PROBLEM TO SOLVE. When you reach the line with "state of the" in the data below, begin printing lines exactly, and stop once the line with "and /Open about all" has been printed.

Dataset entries
::::

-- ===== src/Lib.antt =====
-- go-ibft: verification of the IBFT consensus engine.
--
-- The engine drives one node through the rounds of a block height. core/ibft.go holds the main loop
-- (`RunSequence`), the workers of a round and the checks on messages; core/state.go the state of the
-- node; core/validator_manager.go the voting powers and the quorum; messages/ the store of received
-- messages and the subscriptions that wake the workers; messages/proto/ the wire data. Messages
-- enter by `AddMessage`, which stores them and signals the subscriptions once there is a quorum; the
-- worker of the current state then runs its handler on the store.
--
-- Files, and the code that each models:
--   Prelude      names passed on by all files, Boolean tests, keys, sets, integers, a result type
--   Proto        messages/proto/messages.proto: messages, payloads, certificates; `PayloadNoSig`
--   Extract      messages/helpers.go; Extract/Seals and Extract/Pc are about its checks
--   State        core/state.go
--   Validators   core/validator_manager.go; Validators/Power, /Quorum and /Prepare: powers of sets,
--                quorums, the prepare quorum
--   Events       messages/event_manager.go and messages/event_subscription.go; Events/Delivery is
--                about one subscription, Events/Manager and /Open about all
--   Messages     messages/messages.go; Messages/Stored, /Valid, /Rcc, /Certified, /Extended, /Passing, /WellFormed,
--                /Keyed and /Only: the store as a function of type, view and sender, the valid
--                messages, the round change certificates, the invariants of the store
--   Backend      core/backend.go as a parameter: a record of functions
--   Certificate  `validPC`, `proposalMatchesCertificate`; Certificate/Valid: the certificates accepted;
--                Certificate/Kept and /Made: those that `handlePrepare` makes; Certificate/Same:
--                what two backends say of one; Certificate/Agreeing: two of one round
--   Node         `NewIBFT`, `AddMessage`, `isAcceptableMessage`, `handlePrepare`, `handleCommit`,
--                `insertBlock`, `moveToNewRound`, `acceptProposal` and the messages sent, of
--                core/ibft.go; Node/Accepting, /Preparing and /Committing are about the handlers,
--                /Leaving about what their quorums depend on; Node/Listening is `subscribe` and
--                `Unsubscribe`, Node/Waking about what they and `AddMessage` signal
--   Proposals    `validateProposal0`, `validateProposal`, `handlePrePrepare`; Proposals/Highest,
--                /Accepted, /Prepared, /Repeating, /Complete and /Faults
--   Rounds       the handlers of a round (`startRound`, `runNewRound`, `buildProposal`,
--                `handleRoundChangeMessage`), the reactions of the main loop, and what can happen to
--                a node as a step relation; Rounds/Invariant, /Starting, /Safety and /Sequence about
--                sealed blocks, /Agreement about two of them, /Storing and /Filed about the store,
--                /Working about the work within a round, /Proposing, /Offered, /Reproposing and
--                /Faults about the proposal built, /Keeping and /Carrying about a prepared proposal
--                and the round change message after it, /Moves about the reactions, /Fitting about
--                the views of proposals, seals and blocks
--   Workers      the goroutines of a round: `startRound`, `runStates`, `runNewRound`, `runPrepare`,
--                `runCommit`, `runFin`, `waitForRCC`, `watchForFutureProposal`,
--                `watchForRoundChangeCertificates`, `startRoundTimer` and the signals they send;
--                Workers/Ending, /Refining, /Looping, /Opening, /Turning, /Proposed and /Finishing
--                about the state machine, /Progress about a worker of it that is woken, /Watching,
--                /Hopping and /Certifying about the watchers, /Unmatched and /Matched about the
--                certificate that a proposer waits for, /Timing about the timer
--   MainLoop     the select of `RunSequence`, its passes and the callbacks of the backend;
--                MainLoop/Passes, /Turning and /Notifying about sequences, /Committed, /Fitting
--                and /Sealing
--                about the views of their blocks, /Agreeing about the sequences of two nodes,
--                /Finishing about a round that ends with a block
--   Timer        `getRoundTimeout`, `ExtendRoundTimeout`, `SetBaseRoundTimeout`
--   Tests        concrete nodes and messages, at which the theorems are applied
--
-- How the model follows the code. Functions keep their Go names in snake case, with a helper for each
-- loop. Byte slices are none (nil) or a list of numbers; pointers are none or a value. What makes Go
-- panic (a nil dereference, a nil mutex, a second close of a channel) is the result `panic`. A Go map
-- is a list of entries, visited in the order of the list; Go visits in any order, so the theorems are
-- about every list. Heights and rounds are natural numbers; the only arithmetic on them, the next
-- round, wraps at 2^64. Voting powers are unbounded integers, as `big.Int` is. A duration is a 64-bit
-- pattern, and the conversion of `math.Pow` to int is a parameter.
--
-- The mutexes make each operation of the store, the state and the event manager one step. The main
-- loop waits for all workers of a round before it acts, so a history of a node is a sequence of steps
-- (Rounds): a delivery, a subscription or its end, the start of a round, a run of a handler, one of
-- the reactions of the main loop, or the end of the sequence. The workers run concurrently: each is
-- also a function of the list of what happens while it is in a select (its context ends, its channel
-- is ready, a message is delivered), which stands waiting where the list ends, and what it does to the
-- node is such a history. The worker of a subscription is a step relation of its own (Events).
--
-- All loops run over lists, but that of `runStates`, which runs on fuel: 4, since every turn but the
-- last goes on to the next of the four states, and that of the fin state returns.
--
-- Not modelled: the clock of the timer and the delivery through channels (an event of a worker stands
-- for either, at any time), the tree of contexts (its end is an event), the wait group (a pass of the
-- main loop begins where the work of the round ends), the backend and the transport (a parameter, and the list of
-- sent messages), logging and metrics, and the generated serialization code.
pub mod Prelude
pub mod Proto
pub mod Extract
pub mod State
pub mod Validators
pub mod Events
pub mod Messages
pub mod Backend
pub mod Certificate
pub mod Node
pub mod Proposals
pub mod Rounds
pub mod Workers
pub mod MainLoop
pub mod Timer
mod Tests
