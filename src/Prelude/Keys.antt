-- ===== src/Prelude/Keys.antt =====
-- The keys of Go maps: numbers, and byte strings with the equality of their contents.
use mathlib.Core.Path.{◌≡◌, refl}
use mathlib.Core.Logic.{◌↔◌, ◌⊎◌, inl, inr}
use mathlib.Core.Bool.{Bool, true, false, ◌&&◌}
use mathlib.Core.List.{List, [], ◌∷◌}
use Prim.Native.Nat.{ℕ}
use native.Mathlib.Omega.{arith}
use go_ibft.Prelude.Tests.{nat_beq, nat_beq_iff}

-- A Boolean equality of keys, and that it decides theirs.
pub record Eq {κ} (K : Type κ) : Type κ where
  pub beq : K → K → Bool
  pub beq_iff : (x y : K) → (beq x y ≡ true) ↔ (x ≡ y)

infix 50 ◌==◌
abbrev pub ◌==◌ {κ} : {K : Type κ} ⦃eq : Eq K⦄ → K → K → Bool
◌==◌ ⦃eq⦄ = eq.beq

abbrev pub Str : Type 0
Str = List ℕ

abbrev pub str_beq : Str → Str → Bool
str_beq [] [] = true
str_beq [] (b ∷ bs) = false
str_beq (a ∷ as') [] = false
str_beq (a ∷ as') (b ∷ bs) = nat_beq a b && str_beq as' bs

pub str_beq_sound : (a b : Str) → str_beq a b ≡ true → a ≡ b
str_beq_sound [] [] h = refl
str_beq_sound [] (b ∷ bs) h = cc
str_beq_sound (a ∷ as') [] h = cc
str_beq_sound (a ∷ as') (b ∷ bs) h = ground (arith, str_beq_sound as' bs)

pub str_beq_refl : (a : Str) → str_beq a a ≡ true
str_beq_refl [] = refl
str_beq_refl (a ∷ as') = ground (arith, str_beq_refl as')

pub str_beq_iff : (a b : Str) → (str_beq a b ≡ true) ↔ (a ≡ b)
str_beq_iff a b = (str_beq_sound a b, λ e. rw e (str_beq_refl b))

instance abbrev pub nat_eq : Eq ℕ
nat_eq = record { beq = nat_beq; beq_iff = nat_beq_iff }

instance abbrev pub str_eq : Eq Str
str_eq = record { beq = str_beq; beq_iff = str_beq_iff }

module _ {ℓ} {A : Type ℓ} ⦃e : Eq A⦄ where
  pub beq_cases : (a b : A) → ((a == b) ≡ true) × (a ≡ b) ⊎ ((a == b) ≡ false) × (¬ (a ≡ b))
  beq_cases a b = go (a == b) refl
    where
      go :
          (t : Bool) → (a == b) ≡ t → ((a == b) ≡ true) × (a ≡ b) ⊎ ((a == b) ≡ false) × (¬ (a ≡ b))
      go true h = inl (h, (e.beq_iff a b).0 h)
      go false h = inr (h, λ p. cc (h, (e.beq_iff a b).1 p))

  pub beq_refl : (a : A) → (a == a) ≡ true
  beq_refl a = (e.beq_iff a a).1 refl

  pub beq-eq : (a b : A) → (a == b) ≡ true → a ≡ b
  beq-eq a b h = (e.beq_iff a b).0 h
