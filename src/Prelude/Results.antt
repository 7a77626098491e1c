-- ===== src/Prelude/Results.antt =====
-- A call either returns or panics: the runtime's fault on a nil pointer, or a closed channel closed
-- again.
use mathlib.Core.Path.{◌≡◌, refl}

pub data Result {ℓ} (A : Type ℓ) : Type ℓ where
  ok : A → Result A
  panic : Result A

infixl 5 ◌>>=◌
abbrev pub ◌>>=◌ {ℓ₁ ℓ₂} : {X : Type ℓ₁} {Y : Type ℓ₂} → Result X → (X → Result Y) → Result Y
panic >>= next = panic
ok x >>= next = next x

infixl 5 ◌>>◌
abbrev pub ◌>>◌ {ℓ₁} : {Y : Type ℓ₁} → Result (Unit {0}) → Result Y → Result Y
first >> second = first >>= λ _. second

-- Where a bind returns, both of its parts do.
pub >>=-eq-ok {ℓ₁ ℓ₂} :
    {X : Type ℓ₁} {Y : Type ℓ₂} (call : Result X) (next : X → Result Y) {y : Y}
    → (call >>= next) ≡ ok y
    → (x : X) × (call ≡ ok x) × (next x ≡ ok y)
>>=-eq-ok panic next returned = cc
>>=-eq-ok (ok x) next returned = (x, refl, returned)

::::

OUTPUT FOR THIS TASK.
-- (`RunSequence`), the workers of a round and the checks on messages; core/state.go the state of the
-- node; core/validator_manager.go the voting powers and the quorum; messages/ the store of received
-- messages and the subscriptions that wake the workers; messages/proto/ the wire data. Messages
-- enter by `AddMessage`, which stores them and signals the subscriptions once there is a quorum; the
-- worker of the current state then runs its handler on the store.
--
-- Files, and the code that each models:
--   Prelude      names passed on by all files, Boolean tests, keys, sets, integers, a result type
--   Proto        messages/proto/messages.proto: messages, payloads, certificates; `PayloadNoSig`
--   Extract      messages/helpers.go; Extract/Seals and Extract/Pc are about its checks
--   State        core/state.go
--   Validators   core/validator_manager.go; Validators/Power, /Quorum and /Prepare: powers of sets,
--                quorums, the prepare quorum
--   Events       messages/event_manager.go and messages/event_subscription.go; Events/Delivery is
--                about one subscription, Events/Manager and /Open about all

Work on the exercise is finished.